### What you are asked to do:
In the records that follow, count the lines where the string "Base" appears, and give the count with nothing added.

++++ Data extract ++++

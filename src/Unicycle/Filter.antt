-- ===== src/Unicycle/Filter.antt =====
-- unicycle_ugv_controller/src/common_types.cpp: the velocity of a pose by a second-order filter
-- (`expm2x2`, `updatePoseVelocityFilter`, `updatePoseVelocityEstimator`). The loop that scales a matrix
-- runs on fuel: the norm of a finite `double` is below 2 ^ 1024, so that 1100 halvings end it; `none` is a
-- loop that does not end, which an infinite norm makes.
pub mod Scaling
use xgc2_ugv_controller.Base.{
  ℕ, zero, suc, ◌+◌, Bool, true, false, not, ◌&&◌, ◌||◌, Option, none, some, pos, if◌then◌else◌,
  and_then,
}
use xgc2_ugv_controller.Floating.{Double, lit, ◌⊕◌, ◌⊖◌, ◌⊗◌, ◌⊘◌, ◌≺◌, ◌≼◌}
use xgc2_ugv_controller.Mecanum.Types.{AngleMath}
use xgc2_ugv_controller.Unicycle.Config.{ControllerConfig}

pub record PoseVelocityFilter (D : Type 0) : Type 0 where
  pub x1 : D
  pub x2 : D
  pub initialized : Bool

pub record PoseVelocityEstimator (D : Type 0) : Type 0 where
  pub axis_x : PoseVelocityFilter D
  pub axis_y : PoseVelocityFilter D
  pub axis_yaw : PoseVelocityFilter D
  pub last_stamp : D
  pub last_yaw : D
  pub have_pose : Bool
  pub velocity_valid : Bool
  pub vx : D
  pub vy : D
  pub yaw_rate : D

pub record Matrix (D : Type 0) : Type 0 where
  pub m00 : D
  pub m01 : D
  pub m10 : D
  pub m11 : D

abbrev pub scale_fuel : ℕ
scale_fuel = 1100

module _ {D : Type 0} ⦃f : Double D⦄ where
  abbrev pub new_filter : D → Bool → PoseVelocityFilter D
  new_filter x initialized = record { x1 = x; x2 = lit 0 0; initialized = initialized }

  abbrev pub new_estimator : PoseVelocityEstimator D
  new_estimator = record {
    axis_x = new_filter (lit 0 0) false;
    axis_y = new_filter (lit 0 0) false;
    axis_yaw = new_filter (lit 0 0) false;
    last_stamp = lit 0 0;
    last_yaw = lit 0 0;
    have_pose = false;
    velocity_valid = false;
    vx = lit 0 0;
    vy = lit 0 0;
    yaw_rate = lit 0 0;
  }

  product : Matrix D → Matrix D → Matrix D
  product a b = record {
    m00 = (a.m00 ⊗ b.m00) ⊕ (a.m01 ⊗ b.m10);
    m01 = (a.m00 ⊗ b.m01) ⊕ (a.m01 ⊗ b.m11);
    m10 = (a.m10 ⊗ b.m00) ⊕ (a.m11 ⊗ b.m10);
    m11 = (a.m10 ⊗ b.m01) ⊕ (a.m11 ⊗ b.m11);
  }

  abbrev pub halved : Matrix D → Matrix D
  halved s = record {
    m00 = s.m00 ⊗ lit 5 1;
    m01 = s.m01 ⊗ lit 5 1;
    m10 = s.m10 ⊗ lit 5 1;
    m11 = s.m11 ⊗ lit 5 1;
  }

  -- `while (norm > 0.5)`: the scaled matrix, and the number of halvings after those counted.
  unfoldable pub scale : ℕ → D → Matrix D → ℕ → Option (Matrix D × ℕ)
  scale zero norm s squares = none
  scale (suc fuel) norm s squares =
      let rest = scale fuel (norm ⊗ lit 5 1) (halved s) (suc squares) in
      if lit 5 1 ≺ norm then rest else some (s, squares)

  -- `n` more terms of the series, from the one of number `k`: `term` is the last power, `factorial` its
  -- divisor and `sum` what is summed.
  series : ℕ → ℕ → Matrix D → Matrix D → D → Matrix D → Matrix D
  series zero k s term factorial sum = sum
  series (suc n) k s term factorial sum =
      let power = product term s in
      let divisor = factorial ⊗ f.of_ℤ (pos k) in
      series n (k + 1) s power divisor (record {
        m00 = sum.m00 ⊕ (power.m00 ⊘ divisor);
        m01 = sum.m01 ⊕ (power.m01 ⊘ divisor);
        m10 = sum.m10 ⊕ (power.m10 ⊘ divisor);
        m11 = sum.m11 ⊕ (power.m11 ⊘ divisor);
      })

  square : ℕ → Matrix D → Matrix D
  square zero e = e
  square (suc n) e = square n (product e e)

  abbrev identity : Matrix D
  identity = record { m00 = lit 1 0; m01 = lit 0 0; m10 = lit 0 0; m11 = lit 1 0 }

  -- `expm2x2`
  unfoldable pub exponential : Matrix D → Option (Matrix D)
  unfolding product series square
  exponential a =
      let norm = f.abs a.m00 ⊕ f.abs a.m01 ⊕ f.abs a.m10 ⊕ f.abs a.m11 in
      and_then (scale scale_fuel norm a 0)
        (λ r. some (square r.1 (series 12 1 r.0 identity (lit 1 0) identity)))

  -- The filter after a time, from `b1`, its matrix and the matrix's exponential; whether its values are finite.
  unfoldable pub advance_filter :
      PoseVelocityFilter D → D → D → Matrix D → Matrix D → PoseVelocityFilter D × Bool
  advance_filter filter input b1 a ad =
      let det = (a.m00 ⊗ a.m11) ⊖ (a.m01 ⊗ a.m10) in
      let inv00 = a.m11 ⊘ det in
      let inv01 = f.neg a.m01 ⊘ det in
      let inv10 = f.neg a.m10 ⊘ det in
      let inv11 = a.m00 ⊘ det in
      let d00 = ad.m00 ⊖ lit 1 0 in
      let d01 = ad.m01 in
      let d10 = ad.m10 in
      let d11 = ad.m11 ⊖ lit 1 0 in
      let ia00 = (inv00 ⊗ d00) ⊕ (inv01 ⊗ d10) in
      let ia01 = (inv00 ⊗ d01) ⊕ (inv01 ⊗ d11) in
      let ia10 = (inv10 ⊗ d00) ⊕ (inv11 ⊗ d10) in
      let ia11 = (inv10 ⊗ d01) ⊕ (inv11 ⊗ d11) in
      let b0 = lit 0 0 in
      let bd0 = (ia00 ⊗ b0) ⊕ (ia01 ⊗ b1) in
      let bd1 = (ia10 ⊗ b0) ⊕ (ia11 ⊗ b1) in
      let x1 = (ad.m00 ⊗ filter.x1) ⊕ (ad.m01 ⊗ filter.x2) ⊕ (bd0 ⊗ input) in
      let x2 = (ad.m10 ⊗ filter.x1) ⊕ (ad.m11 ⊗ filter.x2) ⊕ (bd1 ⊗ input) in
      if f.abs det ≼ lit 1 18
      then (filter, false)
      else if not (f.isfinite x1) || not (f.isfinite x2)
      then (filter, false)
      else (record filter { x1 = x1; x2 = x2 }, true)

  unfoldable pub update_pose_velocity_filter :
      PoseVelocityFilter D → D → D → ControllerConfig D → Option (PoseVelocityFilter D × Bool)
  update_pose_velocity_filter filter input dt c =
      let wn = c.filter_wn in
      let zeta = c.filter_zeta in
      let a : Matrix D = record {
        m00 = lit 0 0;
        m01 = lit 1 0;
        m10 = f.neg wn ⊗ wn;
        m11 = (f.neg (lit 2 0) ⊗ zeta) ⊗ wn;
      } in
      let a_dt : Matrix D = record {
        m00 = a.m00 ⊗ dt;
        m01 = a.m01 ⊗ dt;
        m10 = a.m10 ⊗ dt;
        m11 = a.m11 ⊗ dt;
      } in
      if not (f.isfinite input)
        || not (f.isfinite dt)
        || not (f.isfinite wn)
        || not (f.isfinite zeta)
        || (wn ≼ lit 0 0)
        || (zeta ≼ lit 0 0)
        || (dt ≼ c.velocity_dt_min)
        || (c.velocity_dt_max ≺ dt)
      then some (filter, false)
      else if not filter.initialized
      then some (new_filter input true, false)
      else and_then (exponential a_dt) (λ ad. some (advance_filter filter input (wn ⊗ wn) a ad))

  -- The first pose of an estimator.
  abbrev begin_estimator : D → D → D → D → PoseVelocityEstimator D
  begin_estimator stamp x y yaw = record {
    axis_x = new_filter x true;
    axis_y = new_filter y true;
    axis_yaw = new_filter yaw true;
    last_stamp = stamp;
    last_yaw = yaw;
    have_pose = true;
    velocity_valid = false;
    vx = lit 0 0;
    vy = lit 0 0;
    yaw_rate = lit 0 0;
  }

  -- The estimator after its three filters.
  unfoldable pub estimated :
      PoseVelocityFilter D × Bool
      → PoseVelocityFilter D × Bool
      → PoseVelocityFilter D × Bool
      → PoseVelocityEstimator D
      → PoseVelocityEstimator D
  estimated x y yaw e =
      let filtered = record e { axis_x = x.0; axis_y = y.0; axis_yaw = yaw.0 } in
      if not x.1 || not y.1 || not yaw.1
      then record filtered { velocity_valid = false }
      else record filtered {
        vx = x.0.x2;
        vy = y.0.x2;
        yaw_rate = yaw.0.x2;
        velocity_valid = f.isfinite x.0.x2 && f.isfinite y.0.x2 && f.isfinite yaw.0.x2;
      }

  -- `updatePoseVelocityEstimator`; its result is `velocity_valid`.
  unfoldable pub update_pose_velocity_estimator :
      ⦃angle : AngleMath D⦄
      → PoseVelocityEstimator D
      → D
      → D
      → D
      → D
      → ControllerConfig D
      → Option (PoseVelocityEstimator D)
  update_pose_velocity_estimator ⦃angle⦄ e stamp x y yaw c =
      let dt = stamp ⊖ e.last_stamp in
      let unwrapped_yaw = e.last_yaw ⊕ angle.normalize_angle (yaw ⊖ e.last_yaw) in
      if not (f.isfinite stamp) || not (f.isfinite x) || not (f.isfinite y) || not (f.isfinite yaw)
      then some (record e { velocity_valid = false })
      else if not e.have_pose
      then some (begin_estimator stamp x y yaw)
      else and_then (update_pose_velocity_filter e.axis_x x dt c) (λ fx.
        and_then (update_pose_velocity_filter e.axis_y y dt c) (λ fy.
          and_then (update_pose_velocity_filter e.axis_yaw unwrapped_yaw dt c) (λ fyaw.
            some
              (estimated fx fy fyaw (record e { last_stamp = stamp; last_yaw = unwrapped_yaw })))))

++++
++++ Data extract ++++

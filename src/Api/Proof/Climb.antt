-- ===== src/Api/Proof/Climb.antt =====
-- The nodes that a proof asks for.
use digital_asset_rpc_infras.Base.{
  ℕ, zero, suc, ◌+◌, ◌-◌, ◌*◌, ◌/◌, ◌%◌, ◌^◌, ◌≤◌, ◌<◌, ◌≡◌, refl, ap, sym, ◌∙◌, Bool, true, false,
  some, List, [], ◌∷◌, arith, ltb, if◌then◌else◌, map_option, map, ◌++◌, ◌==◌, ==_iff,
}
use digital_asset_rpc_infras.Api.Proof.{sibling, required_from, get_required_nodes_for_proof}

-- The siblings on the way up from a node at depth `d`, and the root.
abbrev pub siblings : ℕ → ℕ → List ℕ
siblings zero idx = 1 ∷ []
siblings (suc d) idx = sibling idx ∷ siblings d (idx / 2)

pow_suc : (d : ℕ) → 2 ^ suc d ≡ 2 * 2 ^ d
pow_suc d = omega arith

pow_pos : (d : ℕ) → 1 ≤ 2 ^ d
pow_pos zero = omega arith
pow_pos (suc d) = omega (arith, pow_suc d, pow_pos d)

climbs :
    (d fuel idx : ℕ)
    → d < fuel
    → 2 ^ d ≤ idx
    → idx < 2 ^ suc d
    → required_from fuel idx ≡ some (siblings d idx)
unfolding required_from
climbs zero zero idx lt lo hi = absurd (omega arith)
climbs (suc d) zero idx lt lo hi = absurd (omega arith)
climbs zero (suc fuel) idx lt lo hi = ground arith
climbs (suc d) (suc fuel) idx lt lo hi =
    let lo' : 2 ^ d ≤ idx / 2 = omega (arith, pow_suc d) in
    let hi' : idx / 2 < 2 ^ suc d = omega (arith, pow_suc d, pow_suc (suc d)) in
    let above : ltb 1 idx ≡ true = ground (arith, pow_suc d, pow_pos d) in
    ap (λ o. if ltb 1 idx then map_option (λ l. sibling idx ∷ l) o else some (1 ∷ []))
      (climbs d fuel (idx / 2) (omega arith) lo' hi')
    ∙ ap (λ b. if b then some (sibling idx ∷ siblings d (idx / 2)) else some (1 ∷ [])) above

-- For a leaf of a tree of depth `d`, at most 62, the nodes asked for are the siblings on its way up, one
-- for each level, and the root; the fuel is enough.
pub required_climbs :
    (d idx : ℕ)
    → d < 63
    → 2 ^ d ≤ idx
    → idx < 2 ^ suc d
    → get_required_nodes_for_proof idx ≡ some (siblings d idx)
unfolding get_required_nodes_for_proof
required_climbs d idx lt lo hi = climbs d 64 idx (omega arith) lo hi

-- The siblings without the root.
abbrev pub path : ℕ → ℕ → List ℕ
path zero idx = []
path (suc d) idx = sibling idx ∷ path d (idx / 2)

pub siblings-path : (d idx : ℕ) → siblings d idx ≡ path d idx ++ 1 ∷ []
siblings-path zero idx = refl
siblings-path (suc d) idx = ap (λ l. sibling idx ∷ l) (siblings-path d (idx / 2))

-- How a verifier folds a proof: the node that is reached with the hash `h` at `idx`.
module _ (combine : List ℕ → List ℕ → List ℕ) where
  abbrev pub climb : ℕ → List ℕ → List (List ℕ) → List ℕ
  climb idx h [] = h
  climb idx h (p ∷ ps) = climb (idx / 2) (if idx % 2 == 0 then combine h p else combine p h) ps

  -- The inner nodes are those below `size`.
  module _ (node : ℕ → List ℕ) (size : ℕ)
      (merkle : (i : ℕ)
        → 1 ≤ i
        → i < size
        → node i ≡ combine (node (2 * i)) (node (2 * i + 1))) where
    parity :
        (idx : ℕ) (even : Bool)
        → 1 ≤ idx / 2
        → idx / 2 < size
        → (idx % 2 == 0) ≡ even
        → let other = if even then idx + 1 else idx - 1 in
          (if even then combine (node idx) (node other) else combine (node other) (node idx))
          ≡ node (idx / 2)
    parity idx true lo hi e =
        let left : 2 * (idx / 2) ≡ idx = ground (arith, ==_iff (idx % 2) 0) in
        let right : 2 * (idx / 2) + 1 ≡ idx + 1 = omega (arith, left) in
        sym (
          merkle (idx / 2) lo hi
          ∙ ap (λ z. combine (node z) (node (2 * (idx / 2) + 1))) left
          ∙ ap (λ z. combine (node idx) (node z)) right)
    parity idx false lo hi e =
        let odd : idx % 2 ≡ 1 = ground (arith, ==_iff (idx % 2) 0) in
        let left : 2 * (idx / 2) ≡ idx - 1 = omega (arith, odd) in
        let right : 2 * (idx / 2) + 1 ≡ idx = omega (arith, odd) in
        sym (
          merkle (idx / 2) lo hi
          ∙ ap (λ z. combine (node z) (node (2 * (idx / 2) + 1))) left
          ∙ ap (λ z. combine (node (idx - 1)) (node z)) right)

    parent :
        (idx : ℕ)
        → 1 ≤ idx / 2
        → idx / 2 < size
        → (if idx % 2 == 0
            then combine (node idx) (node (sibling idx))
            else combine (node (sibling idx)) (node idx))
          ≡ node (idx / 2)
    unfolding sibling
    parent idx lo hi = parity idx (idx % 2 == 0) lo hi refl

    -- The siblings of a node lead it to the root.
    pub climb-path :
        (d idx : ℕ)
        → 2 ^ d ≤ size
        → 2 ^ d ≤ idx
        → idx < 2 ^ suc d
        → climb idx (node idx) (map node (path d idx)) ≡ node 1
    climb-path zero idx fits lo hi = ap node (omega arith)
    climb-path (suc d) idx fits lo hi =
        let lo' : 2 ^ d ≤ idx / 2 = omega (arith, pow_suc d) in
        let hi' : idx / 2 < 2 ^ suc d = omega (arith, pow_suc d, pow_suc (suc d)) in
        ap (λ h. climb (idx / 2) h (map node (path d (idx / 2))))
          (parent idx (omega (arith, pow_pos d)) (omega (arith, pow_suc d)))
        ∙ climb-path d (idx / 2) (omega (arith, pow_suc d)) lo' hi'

++++

### Answer:
2